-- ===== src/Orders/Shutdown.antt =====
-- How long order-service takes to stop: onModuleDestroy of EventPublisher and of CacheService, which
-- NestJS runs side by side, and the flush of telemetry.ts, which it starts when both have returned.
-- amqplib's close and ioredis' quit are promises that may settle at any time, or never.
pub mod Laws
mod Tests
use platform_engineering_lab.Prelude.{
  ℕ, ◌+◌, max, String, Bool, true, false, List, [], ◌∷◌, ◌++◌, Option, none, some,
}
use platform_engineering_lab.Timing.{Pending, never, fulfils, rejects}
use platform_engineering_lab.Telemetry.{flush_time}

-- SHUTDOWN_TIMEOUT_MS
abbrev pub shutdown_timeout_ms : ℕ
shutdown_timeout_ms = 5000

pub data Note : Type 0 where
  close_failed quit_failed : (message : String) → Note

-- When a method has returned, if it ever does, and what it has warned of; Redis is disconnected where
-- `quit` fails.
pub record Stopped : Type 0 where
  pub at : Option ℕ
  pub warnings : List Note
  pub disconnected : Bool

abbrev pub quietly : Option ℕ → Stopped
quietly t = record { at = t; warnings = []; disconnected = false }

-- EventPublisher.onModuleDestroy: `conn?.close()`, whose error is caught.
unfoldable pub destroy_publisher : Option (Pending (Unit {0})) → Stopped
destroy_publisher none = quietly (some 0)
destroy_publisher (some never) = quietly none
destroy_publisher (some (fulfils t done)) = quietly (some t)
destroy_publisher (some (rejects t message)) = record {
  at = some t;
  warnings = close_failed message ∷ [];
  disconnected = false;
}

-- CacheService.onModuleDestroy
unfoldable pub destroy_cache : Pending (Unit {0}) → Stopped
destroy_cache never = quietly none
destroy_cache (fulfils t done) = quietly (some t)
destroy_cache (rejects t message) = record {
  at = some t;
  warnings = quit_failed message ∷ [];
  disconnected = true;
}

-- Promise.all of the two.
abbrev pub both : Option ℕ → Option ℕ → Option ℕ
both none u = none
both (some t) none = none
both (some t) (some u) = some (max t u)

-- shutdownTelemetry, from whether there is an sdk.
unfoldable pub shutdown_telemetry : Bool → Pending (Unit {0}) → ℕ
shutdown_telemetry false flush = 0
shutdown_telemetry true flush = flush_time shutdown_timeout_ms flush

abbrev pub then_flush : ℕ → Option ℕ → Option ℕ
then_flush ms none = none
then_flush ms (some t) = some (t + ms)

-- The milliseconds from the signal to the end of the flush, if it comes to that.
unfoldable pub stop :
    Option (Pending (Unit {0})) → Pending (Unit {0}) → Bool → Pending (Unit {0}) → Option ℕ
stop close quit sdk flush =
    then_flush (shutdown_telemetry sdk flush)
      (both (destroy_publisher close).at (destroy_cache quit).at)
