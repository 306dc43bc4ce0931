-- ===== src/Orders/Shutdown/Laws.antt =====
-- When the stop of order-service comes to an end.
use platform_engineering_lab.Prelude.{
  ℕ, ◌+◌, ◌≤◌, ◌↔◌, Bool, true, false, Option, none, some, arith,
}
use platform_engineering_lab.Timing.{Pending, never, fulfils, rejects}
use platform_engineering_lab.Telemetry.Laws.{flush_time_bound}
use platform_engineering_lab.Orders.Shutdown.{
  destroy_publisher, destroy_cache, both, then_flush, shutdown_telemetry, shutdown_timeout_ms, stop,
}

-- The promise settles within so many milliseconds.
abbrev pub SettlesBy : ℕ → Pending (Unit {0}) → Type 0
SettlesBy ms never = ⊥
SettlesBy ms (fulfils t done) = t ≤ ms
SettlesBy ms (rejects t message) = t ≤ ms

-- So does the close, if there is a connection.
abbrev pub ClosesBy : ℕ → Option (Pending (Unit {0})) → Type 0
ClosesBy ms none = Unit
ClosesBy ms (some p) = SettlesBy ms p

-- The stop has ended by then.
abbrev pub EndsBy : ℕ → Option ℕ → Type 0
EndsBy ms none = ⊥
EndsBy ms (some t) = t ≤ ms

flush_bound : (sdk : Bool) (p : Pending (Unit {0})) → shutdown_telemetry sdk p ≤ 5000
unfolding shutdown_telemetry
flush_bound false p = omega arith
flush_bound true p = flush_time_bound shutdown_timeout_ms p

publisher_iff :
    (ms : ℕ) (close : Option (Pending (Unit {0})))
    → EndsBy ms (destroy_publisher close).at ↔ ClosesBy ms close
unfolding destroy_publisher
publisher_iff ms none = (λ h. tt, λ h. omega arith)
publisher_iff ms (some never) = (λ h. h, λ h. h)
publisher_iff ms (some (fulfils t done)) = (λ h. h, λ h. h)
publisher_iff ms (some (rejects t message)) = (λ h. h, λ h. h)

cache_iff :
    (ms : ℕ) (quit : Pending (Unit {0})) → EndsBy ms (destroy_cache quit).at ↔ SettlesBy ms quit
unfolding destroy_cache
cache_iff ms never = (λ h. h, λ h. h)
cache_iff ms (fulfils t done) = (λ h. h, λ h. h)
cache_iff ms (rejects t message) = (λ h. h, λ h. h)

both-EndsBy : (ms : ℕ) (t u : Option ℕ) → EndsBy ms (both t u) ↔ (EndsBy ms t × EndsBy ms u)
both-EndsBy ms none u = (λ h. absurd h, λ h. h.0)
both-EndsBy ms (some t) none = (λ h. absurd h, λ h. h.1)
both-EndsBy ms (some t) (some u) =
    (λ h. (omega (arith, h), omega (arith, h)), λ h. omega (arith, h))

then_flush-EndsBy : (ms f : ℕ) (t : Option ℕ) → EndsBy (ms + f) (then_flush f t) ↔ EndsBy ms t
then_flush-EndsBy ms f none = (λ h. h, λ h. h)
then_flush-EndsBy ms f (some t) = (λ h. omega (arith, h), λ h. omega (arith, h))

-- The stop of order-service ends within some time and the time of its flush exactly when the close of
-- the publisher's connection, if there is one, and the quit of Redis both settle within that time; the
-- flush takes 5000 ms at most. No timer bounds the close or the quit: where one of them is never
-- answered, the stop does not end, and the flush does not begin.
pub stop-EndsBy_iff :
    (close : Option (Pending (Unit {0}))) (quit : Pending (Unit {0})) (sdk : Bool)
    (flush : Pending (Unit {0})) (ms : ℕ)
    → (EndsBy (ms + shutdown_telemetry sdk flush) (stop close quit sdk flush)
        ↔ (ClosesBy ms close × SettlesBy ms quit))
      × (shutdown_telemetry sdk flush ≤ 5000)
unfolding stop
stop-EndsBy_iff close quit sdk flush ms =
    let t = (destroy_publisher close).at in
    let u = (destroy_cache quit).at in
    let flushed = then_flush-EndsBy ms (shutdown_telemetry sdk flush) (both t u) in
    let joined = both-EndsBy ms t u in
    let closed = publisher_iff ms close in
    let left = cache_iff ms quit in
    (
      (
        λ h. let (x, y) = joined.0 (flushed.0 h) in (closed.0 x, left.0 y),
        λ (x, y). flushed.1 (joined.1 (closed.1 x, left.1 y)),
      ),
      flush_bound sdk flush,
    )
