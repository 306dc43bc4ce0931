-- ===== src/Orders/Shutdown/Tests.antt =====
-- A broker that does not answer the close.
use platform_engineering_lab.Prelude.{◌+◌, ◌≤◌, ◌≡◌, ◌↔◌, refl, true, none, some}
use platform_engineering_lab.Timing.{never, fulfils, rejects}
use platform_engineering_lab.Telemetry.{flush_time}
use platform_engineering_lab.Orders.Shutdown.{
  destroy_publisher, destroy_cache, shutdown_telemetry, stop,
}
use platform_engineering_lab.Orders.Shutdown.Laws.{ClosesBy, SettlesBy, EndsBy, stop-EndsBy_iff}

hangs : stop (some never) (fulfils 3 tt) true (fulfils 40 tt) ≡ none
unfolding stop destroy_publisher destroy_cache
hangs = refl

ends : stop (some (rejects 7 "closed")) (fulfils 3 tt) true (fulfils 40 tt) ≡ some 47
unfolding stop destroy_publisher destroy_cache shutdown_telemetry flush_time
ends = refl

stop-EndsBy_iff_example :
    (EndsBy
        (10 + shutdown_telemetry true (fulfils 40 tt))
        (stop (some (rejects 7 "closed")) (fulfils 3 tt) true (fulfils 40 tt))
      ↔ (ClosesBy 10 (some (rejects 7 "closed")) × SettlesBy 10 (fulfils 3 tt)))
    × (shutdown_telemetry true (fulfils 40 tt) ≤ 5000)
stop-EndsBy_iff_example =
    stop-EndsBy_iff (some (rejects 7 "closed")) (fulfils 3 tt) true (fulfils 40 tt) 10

■ EXERCISE PROMPT ■
Only lines that include "hangs" belong in the answer; copy all of them from the listing.

■ WORKED SOLUTION ■
hangs : stop (some never) (fulfils 3 tt) true (fulfils 40 tt) ≡ none
hangs = refl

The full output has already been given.